結論から言おう。俺の考えは完璧なまでに的を射ていた。

 胃のざわめきに気を取られたその刹那、新入生が立っている床が一斉に抜け落ちた。束の間の暗闇を抜けて次に目に入ってきた光景は、今や動画配信における強力なコンテンツと化した存在であった。

「いつの間にフラグを建てていた?」

 旭第一高等学校。ダンジョンの発見以来最初に設立された高校であり、三年間を通してダンジョンに挑むだけの力を徹底的に養えるとはパンフレットを通して知っていた。

 しかし、ここまで本気だとは想像していなかった。

 高校生活初日、晴れ舞台である入学式にて、新入生総勢百八十名はダンジョンに突き落とされた。


 旭第一高校は、ダンジョンに挑む人物を育成するうえで首一つ抜けた教育機関である。この学校から輩出された多くの人物が、ダンジョン史に残るような大きな功績を残している。

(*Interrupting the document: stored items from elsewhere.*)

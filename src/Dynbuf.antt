-- ===== src/Dynbuf.antt =====
-- src/neo/io/stream/dynbuf.hpp and src/neo/io/stream/string.hpp: a dynamic buffer as a stream. The
-- dynamic buffer and `buffer_copy` are neo-buffer's and enter as an interface.
pub mod Laws
pub mod Fifo
pub mod Writing
pub mod Reading
pub mod StringTrip
use neo_io.Prelude.{ℕ, List, length, min}
use neo_io.Transfer.{BasicTransferResult, no_error}

-- The region of a buffer that a `mutable_buffer_range` covers.
pub record Region : Type 0 where
  pub start : ℕ
  pub size : ℕ

-- The operations of the concept `dynamic_buffer` that the stream calls. `shown p n` are the bytes
-- that `data(p, n)` refers to; `copy_into` is `buffer_copy` into a region of the buffer itself, with
-- the number of bytes copied.
pub record DynamicBuffer (B : Type 0) : Type 0 where
  pub size : B → ℕ
  pub grow : ℕ → B → Region × B
  pub shown : ℕ → ℕ → B → List ℕ
  pub consume : ℕ → B → B
  pub copy_into : Region → List ℕ → B → ℕ × B

-- `buffer_copy` from bytes into a memory of the caller.
abbrev pub BufferCopy : Type 0
BufferCopy = List ℕ → List ℕ → List ℕ

module _ {B : Type 0} (d : DynamicBuffer B) where
  -- `dynbuf_stream::write_some`.
  pub write_some : List ℕ → B → BasicTransferResult × B
  write_some src bufs =
      let grow_size = length src in
      let (out, grown) = d.grow grow_size bufs in
      let (copied, bufs') = d.copy_into out src grown in
      (record { bytes_transferred = copied; ec = no_error }, bufs')

  -- `dynbuf_stream::read_some`; the destination is returned with the buffer.
  pub read_some : BufferCopy → List ℕ → B → BasicTransferResult × List ℕ × B
  read_some buffer_copy dest bufs =
      let avail_size = d.size bufs in
      let read_size = min (length dest) avail_size in
      let dest' = buffer_copy dest (d.shown 0 read_size bufs) in
      (record { bytes_transferred = read_size; ec = no_error }, dest', d.consume read_size bufs)

  -- `basic_string_stream`: each call wraps the string anew by `as_dynamic_buffer`, which refers to
  -- the string, so that `string_of` reads it back after the call.
  pub string_write_some : {T : Type 0} → (T → B) → (B → T) → List ℕ → T → BasicTransferResult × T
  unfolding write_some
  string_write_some as_dynamic_buffer string_of bufs string =
      let (r, b) = write_some bufs (as_dynamic_buffer string) in (r, string_of b)

  pub string_read_some :
      {T : Type 0} → (T → B) → (B → T) → BufferCopy → List ℕ → T → BasicTransferResult × List ℕ × T
  unfolding read_some
  string_read_some as_dynamic_buffer string_of buffer_copy bufs string =
      let (r, dest, b) = read_some buffer_copy bufs (as_dynamic_buffer string) in
      (r, dest, string_of b)
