-- ===== src/Dynbuf/Laws.antt =====
-- What src/neo/io/stream/dynbuf.hpp relies on: the documented behaviour of a dynamic buffer.
use neo_io.Prelude.{ℕ, ◌+◌, ◌≤◌, ◌≡◌, min, List, ◌++◌, length, take, drop}
use neo_io.Dynbuf.{Region, DynamicBuffer, BufferCopy}

-- `content b` are the bytes that the buffer holds.
pub record IsDynamicBuffer {B : Type 0} (d : DynamicBuffer B) (content : B → List ℕ) : Type 0 where
  pub size_lem : (b : B) → d.size b ≡ length (content b)
  pub grow-start : (n : ℕ) (b : B) → (d.grow n b).0.start ≡ length (content b)
  pub grow-le : (n : ℕ) (b : B) → (d.grow n b).0.size ≤ n
  pub length-grow :
      (n : ℕ) (b : B) → length (content (d.grow n b).1) ≡ length (content b) + (d.grow n b).0.size
  pub take-grow : (n : ℕ) (b : B) → take (length (content b)) (content (d.grow n b).1) ≡ content b
  pub shown_lem : (n : ℕ) (b : B) → n ≤ length (content b) → d.shown 0 n b ≡ take n (content b)
  pub content-consume :
      (n : ℕ) (b : B) → n ≤ length (content b) → content (d.consume n b) ≡ drop n (content b)
  pub count-copy_into :
      (w : Region) (src : List ℕ) (b : B)
      → w.start + w.size ≤ length (content b)
      → (d.copy_into w src b).0 ≡ min w.size (length src)
  pub content-copy_into :
      (w : Region) (src : List ℕ) (b : B)
      → w.start + w.size ≤ length (content b)
      → content (d.copy_into w src b).1
        ≡ take w.start (content b)
          ++ (take (min w.size (length src)) src
              ++ drop (w.start + min w.size (length src)) (content b))

-- `buffer_copy` stores as much as fits at the front of the destination.
abbrev pub IsBufferCopy : BufferCopy → Type 0
IsBufferCopy buffer_copy =
    (dest src : List ℕ)
    → length src ≤ length dest
    → buffer_copy dest src ≡ src ++ drop (length src) dest
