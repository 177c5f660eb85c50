-- ===== src/Dynbuf/Fifo.antt =====
-- src/neo/io/stream/dynbuf.hpp as a queue of bytes.
use mathlib.Core.Path.{ap₂}
use neo_io.Prelude.{
  ℕ, ◌+◌, ◌≤◌, ◌≡◌, refl, sym, ap, ◌∙◌, min, List, [], ◌∷◌, ◌++◌, append_assoc, append-nil, arith,
  length, take, drop, length-take, take-append-drop, drop-eq_of_le, take-append_take,
}
use neo_io.Transfer.{no_error}
use neo_io.Dynbuf.{Region, DynamicBuffer, BufferCopy, write_some, read_some}
use neo_io.Dynbuf.Laws.{IsDynamicBuffer, IsBufferCopy}

module _ {B : Type 0} {d : DynamicBuffer B} {content : B → List ℕ}
    (dl : IsDynamicBuffer d content) where
  -- `write_some` never fails. It appends to the buffer as many leading bytes of the source as it
  -- reports, which is as many as `grow` made room for.
  pub write_some-appends :
      (src : List ℕ) (b : B)
      → let (r, b') = write_some d src b in
        (content b' ≡ content b ++ take r.bytes_transferred src)
        × (r.bytes_transferred ≡ (d.grow (length src) b).0.size)
        × (r.bytes_transferred ≤ length src)
        × (r.ec ≡ no_error)
  unfolding write_some
  write_some-appends src b = (shape, count, omega (arith, count, dl.grow-le (length src) b), refl)
    where
      room : Region
      room = (d.grow (length src) b).0

      grown : B
      grown = (d.grow (length src) b).1

      fits : room.start + room.size ≤ length (content grown)
      fits = omega (arith, dl.grow-start (length src) b, dl.length-grow (length src) b)

      exact : min room.size (length src) ≡ room.size
      exact = omega (arith, dl.grow-le (length src) b)

      count : (d.copy_into room src grown).0 ≡ room.size
      count = dl.count-copy_into room src grown fits ∙ exact

      shape :
          content (d.copy_into room src grown).1
          ≡ content b ++ take (d.copy_into room src grown).0 src
      shape =
          dl.content-copy_into room src grown fits
          ∙ (rw (
            exact,
            count,
            dl.grow-start (length src) b,
            dl.take-grow (length src) b,
            drop-eq_of_le (length (content b) + room.size) (content grown)
                (omega (arith, dl.length-grow (length src) b)),
            append-nil,
          ))

  -- `read_some` never fails. It reports the smaller of the destination's size and the buffered size,
  -- moves that many leading bytes to the front of the destination, and keeps the rest of both.
  pub read_some-takes :
      (buffer_copy : BufferCopy) (dest : List ℕ) (b : B)
      → IsBufferCopy buffer_copy
      → let (r, dest', b') = read_some d buffer_copy dest b in
        (r.bytes_transferred ≡ min (length dest) (length (content b)))
        × (dest' ≡ take r.bytes_transferred (content b) ++ drop r.bytes_transferred dest)
        × (content b' ≡ drop r.bytes_transferred (content b))
        × (r.ec ≡ no_error)
  unfolding read_some
  read_some-takes buffer_copy dest b bl =
      (ap (min (length dest)) (dl.size_lem b), stored, dl.content-consume n b n-le, refl)
    where
      n : ℕ
      n = min (length dest) (d.size b)

      n-le : n ≤ length (content b)
      n-le = omega (arith, dl.size_lem b)

      length-part : length (take n (content b)) ≡ n
      length-part = length-take n (content b) ∙ omega (arith, n-le)

      stored : buffer_copy dest (d.shown 0 n b) ≡ take n (content b) ++ drop n dest
      stored =
          ap (buffer_copy dest) (dl.shown_lem n b n-le)
          ∙ bl dest (take n (content b)) (omega (arith, length-part))
          ∙ ap (λ k. take n (content b) ++ drop k dest) length-part

-- A client's calls on the stream.
pub data Call : Type 0 where
  put : List ℕ → Call
  get : List ℕ → Call

module _ {B : Type 0} (d : DynamicBuffer B) (buffer_copy : BufferCopy) where
  -- What a call took from its source and what it delivered to its destination, with the new buffer.
  pub step : Call → B → List ℕ × List ℕ × B
  step (put src) b = let (r, b') = write_some d src b in (take r.bytes_transferred src, [], b')
  step (get dest) b =
      let (r, dest', b') = read_some d buffer_copy dest b in
      ([], take r.bytes_transferred dest', b')

  pub run : List Call → B → List ℕ × List ℕ × B
  run [] b = ([], [], b)
  run (c ∷ cs) b =
      let (taken, given, b') = step c b in
      let (taken', given', b'') = run cs b' in (taken ++ taken', given ++ given', b'')

module _ {B : Type 0} {d : DynamicBuffer B} {content : B → List ℕ} {buffer_copy : BufferCopy}
    (dl : IsDynamicBuffer d content) (bl : IsBufferCopy buffer_copy) where
  step-fifo :
      (c : Call) (b : B)
      → let (taken, given, b') = step d buffer_copy c b in content b ++ taken ≡ given ++ content b'
  unfolding step
  step-fifo (put src) b = sym (write_some-appends dl src b).0
  step-fifo (get dest) b =
      let (n, e, c, _) = read_some-takes dl buffer_copy dest b bl in
      let k : ℕ = (read_some d buffer_copy dest b).0.bytes_transferred in
      let front : take k (read_some d buffer_copy dest b).1 ≡ take k (content b) =
        ap (take k) e ∙ take-append_take k (content b) (drop k dest) (omega (arith, n)) in
      append-nil (content b) ∙ sym (take-append-drop k (content b)) ∙ ap₂ ◌++◌ (sym front) (sym c)

  -- Over any calls, what the buffer held and what the writes accepted is, in order, what the reads
  -- delivered and what the buffer holds.
  pub run-fifo :
      (cs : List Call) (b : B)
      → let (taken, given, b') = run d buffer_copy cs b in content b ++ taken ≡ given ++ content b'
  unfolding run
  run-fifo [] b = append-nil (content b)
  run-fifo (c ∷ cs) b =
      let (taken, given, b') = step d buffer_copy c b in
      let (taken', given', b'') = run d buffer_copy cs b' in
      sym (append_assoc (content b) taken taken')
      ∙ ap (λ t. t ++ taken') (step-fifo c b)
      ∙ append_assoc given (content b') taken'
      ∙ ap (λ t. given ++ t) (run-fifo cs b')
      ∙ sym (append_assoc given given' (content b''))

 こう紹介されると、学校内には厳しい実力の序列があるように思えるが、実際には実力にちなんで生じる制度上の差はない。どのクラスにも優秀である生徒と平凡である生徒の両方が在籍していることに加え、クラスや学年の枠を越えて催される行事も少なくない。ライバル意識よりもむしろ仲間意識が芽生えやすい環境なのだ。

 しかし、旭第一高校には通常の学校と大きく異なる点が一つある。この学校は、ダンジョンに関する成績の全てを公表するのだ。それは、ただ全校生徒のランキングを公表するだけではない。どこで減点されどこで加点をされたのか、そうした要素が教師だけでなく生徒の誰もが知り得る環境が作られているのだ。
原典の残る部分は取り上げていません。